[Saved entries]
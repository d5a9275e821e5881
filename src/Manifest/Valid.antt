-- ===== src/Manifest/Valid.antt =====
-- What a validated directory has.
use agentreg.Base.{
  map, keep, ◌≢◌, sym, ◌∙◌, Text, bytes, Bool, true, false, not, ◌||◌, Option, none, some, List, [],
  ◌∷◌, Result, ok, err, contains, has_prefix, if◌then◌else◌, ◌≡◌, refl, arith, ap, subst, Error,
  ok-injective, All, inl, inr, ◌⊎◌,
}
use agentreg.Manifest.{Plugin, Bundle}
use agentreg.Manifest.Validate.{
  Validators, FileRead, contents, missing, unreadable, SkillEntry, Stat, present, absent, failed,
  Folder, matches_name, contains_double_separator, decoded, validate_plugin_json, validate_mcp_json,
  skill_named, collect_skills, skills_of, mcp_of, bundled, is_empty, with_mcp, with_skills,
  with_plugin, validate_raw, validate_dir,
}

-- Two separators next to each other, as substrings.
double_separator_contains :
    (s : Text)
    → contains_double_separator s ≡ false
    → (contains s (bytes "--") ≡ false) × (contains s (bytes "..") ≡ false)
unfolding contains_double_separator contains has_prefix
double_separator_contains [] h = (refl, refl)
double_separator_contains (c ∷ []) h = (ground arith, ground arith)
double_separator_contains (c ∷ d ∷ s) h =
    let k = double_separator_contains (d ∷ s) (ground arith) in (ground arith, ground arith)

-- The names of the entries that are directories, in order; none when skills/ cannot be read.
unfoldable pub skill_dirs : Option (List SkillEntry) → List Text
skill_dirs none = []
skill_dirs (some es) = map (λ e. e.name) (keep (λ e. e.is_dir) es)

-- An entry of skills/ that is a directory has a SKILL.md.
abbrev pub IsDocumented : SkillEntry → Type 0
IsDocumented e = (e.is_dir ≡ false) ⊎ (e.skill_md ≡ present)

abbrev pub AreDocumented : Option (List SkillEntry) → Type 0
AreDocumented none = Unit
AreDocumented (some es) = All IsDocumented es

entry_documented :
    (name : Text) (is_dir : Bool) (stat : Stat) (rest : Result (List Text)) (names : List Text)
    → (if not is_dir then rest else skill_named name stat rest) ≡ ok names
    → ((is_dir ≡ false) ⊎ (stat ≡ present)) × ((ns : List Text) × (rest ≡ ok ns))
entry_documented name false stat rest names h = (inl refl, (names, h))
entry_documented name true present (ok ns) names h = (inr refl, (ns, refl))
entry_documented name true present (err e) names h = cc
entry_documented name true absent rest names h = cc
entry_documented name true (failed m) rest names h = cc

prepended :
    (name : Text) (rest : Result (List Text)) (names : List Text)
    → skill_named name present rest ≡ ok names
    → (ns : List Text) × (rest ≡ ok ns) × (names ≡ name ∷ ns)
prepended name (ok ns) names h = (ns, refl, sym (ok-injective h))
prepended name (err e) names h = cc

collect_skills-dirs :
    (es : List SkillEntry) (names : List Text)
    → collect_skills es ≡ ok names
    → names ≡ map (λ e. e.name) (keep (λ e. e.is_dir) es)
unfolding collect_skills
collect_skills-dirs [] names h = sym (ok-injective h)
collect_skills-dirs (e ∷ es) names h = at_entry (collect_skills-dirs es) e.is_dir e.skill_md refl h
  where
    at_entry :
        ((ns : List Text)
          → collect_skills es ≡ ok ns
          → ns ≡ map (λ e. e.name) (keep (λ e. e.is_dir) es))
        → (d : Bool) (stat : Stat) → e.is_dir ≡ d
        → (if not d then collect_skills es else skill_named e.name stat (collect_skills es))
          ≡ ok names
        → names ≡ map (λ e. e.name) (keep (λ e. e.is_dir) (e ∷ es))
    at_entry rest false stat i k = rw i (rest names k)
    at_entry rest true present i k =
        let (ns, r, c) = prepended e.name (collect_skills es) names k in
        rw i (c ∙ ap (λ x. e.name ∷ x) (rest ns r))
    at_entry rest true absent i k = cc
    at_entry rest true (failed m) i k = cc

skills_of-dirs :
    (o : Option (List SkillEntry)) (names : List Text)
    → skills_of o ≡ ok names
    → names ≡ skill_dirs o
unfolding skills_of skill_dirs
skills_of-dirs none names h = sym (ok-injective h)
skills_of-dirs (some es) names h = collect_skills-dirs es names h

collect_skills-IsDocumented :
    (es : List SkillEntry) (names : List Text) → collect_skills es ≡ ok names → All IsDocumented es
unfolding collect_skills
collect_skills-IsDocumented [] names h = tt
collect_skills-IsDocumented (e ∷ es) names h =
    let (d, (ns, k)) = entry_documented e.name e.is_dir e.skill_md (collect_skills es) names h in
    (d, collect_skills-IsDocumented es ns k)

skills_of-AreDocumented :
    (o : Option (List SkillEntry)) (names : List Text) → skills_of o ≡ ok names → AreDocumented o
unfolding skills_of
skills_of-AreDocumented none names h = tt
skills_of-AreDocumented (some es) names h = collect_skills-IsDocumented es names h

module _ (v : Validators) where
  -- There is no mcp.json, or there is one, which conforms to its schema.
  abbrev pub IsChecked : FileRead → Bool → Type 0
  IsChecked r has_mcp =
      ((r ≡ missing) × (has_mcp ≡ false))
      ⊎ ((has_mcp ≡ true)
          × ((raw : Text) × (r ≡ contents raw) × (v.is_json raw ≡ true) × (v.is_mcp raw ≡ true)))

  mcp_of-IsChecked : (r : FileRead) (b : Bool) → mcp_of v r ≡ ok b → IsChecked r b
  unfolding mcp_of validate_mcp_json
  mcp_of-IsChecked (contents raw) b h = inr (ground arith, (raw, refl, ground arith, ground arith))
  mcp_of-IsChecked missing b h = inl (refl, ground arith)
  mcp_of-IsChecked (unreadable m) b h = cc

  named :
      (m d : Bool) (e : Error) (q p : Plugin)
      → ◌≡◌ {A = Result Plugin} (if not m || d then err e else ok q) (ok p)
      → (m ≡ true) × (d ≡ false) × (q ≡ p)
  named true false e q p h = (refl, refl, ok-injective h)
  named true true e q p h = cc
  named false d e q p h = cc

  decoded-ok :
      (o : Option Plugin) (p : Plugin)
      → decoded o ≡ ok p
      → (o ≡ some p) × (matches_name p.name ≡ true) × (contains_double_separator p.name ≡ false)
  unfolding decoded
  decoded-ok none p h = cc
  decoded-ok (some q) p h =
      let (m, d, e) = named (matches_name q.name) (contains_double_separator q.name) _ q p h in
      (
        ap some e,
        subst (λ x. matches_name x.name ≡ true) e m,
        subst (λ x. contains_double_separator x.name ≡ false) e d,
      )

  validate_plugin_json-ok :
      (raw : Text) (p : Plugin)
      → validate_plugin_json v raw ≡ ok p
      → (v.is_plugin raw ≡ true) × (decoded (v.decode raw) ≡ ok p)
  unfolding validate_plugin_json
  validate_plugin_json-ok raw p h = (ground arith, ground arith)

-- The directory and its bundle.
pub record Valid (v : Validators) (f : Folder) (b : Bundle) : Type 0 where
  pub raw : Text
  pub read : f.plugin_json ≡ contents raw
  pub conforms : v.is_plugin raw ≡ true
  pub is_decoded : v.decode raw ≡ some b.plugin
  pub named_well : matches_name b.plugin.name ≡ true
  pub no_dashes : contains b.plugin.name (bytes "--") ≡ false
  pub no_dots : contains b.plugin.name (bytes "..") ≡ false
  pub documented : AreDocumented f.skills
  pub checked : IsChecked v f.mcp_json b.has_mcp
  pub skills : b.skills ≡ skill_dirs f.skills
  pub some_skill : b.has_skills ≡ not (is_empty b.skills)
  pub a_component : (skill_dirs f.skills ≢ []) ⊎ ((raw : Text) × (f.mcp_json ≡ contents raw))

bundled-ok :
    (p : Plugin) (skills : List Text) (has_mcp : Bool) (b : Bundle)
    → bundled p skills has_mcp ≡ ok b
    → (b ≡ record {
      plugin = p;
      has_skills = not (is_empty skills);
      has_mcp = has_mcp;
      skills = skills;
    })
      × ((skills ≢ []) ⊎ (has_mcp ≡ true))
bundled-ok p [] false b h = cc
bundled-ok p [] true b h = (sym (ok-injective h), inr refl)
bundled-ok p (s ∷ ss) has_mcp b h = (sym (ok-injective h), inl λ e. cc)

component :
    (v : Validators) (r : FileRead) (skills : List Text) (has_mcp : Bool)
    → IsChecked v r has_mcp
    → (skills ≢ []) ⊎ (has_mcp ≡ true)
    → (skills ≢ []) ⊎ ((raw : Text) × (r ≡ contents raw))
component v r skills has_mcp c (inl n) = inl n
component v r skills has_mcp (inl (m, n)) (inr e) = absurd (cc (n, e))
component v r skills has_mcp (inr (t, (raw, k, j, i))) (inr e) = inr (raw, k)

-- A directory that passes validation has a plugin.json that conforms to the schema and whose name has
-- the spec's form and no two separators in a row, a SKILL.md in every directory of skills/, and either no
-- mcp.json or one that is JSON and conforms to its schema; it has a directory in skills/ or an mcp.json. The
-- bundle says which of the two there are, and lists the directories of skills/.
pub validate_dir-Valid :
    (v : Validators) (f : Folder) (b : Bundle) → validate_dir v f ≡ ok b → Valid v f b
unfolding validate_dir validate_raw
validate_dir-Valid v f b h = at_plugin f.plugin_json refl h
  where
    at_bundle :
        (raw : Text) (p : Plugin) (skills : List Text) (has_mcp : Bool)
        → f.plugin_json ≡ contents raw
        → validate_plugin_json v raw ≡ ok p
        → AreDocumented f.skills × (skills ≡ skill_dirs f.skills)
        → IsChecked v f.mcp_json has_mcp
        → bundled p skills has_mcp ≡ ok b
        → Valid v f b
    at_bundle raw p skills has_mcp r k d c h =
        let (is_b, some_part) = bundled-ok p skills has_mcp b h in
        let e : b.plugin ≡ p = ap (λ x. x.plugin) is_b in
        let (conforms, dec) = validate_plugin_json-ok v raw p k in
        let (is_p, n, s) = decoded-ok v (v.decode raw) p dec in
        let (dashes, dots) = double_separator_contains p.name s in
        record {
          raw = raw;
          read = r;
          conforms = conforms;
          is_decoded = rw e is_p;
          named_well = rw e n;
          no_dashes = rw e dashes;
          no_dots = rw e dots;
          documented = d.0;
          checked = subst (IsChecked v f.mcp_json) (sym (ap (λ x. x.has_mcp) is_b)) c;
          skills = ap (λ x. x.skills) is_b ∙ d.1;
          some_skill = rw is_b refl;
          a_component =
              component v f.mcp_json (skill_dirs f.skills) has_mcp c
                (subst (λ x. (x ≢ []) ⊎ (has_mcp ≡ true)) d.1 some_part);
        }

    at_mcp :
        (raw : Text) (p : Plugin) (skills : List Text) (mcp : Result Bool)
        → f.plugin_json ≡ contents raw
        → validate_plugin_json v raw ≡ ok p
        → AreDocumented f.skills × (skills ≡ skill_dirs f.skills)
        → mcp_of v f.mcp_json ≡ mcp
        → with_mcp p skills mcp ≡ ok b
        → Valid v f b
    at_mcp raw p skills (err e) r k d m h = cc
    at_mcp raw p skills (ok has_mcp) r k d m h =
        at_bundle raw p skills has_mcp r k d (mcp_of-IsChecked v f.mcp_json has_mcp m) h

    at_skills :
        (raw : Text) (p : Plugin) (skills : Result (List Text))
        → f.plugin_json ≡ contents raw
        → validate_plugin_json v raw ≡ ok p
        → skills_of f.skills ≡ skills
        → with_skills v f p skills ≡ ok b
        → Valid v f b
    at_skills raw p (err e) r k s h = cc
    at_skills raw p (ok skills) r k s h =
        at_mcp raw p skills (mcp_of v f.mcp_json) r k
          (skills_of-AreDocumented f.skills skills s, skills_of-dirs f.skills skills s) refl h

    at_read :
        (raw : Text) (p : Result Plugin)
        → f.plugin_json ≡ contents raw
        → validate_plugin_json v raw ≡ p
        → with_plugin v f p ≡ ok b
        → Valid v f b
    at_read raw (err e) r k h = cc
    at_read raw (ok p) r k h = at_skills raw p (skills_of f.skills) r k refl h

    at_plugin : (r : FileRead) → f.plugin_json ≡ r → validate_raw v f r ≡ ok b → Valid v f b
    at_plugin (contents raw) r h = at_read raw (validate_plugin_json v raw) r refl h
    at_plugin missing r h = cc
    at_plugin (unreadable m) r h = cc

YOUR TASK —
Work out how many lines in the records above contain the word "bytes", and give only that number.

OUTPUT FOR THIS EXERCISE —
4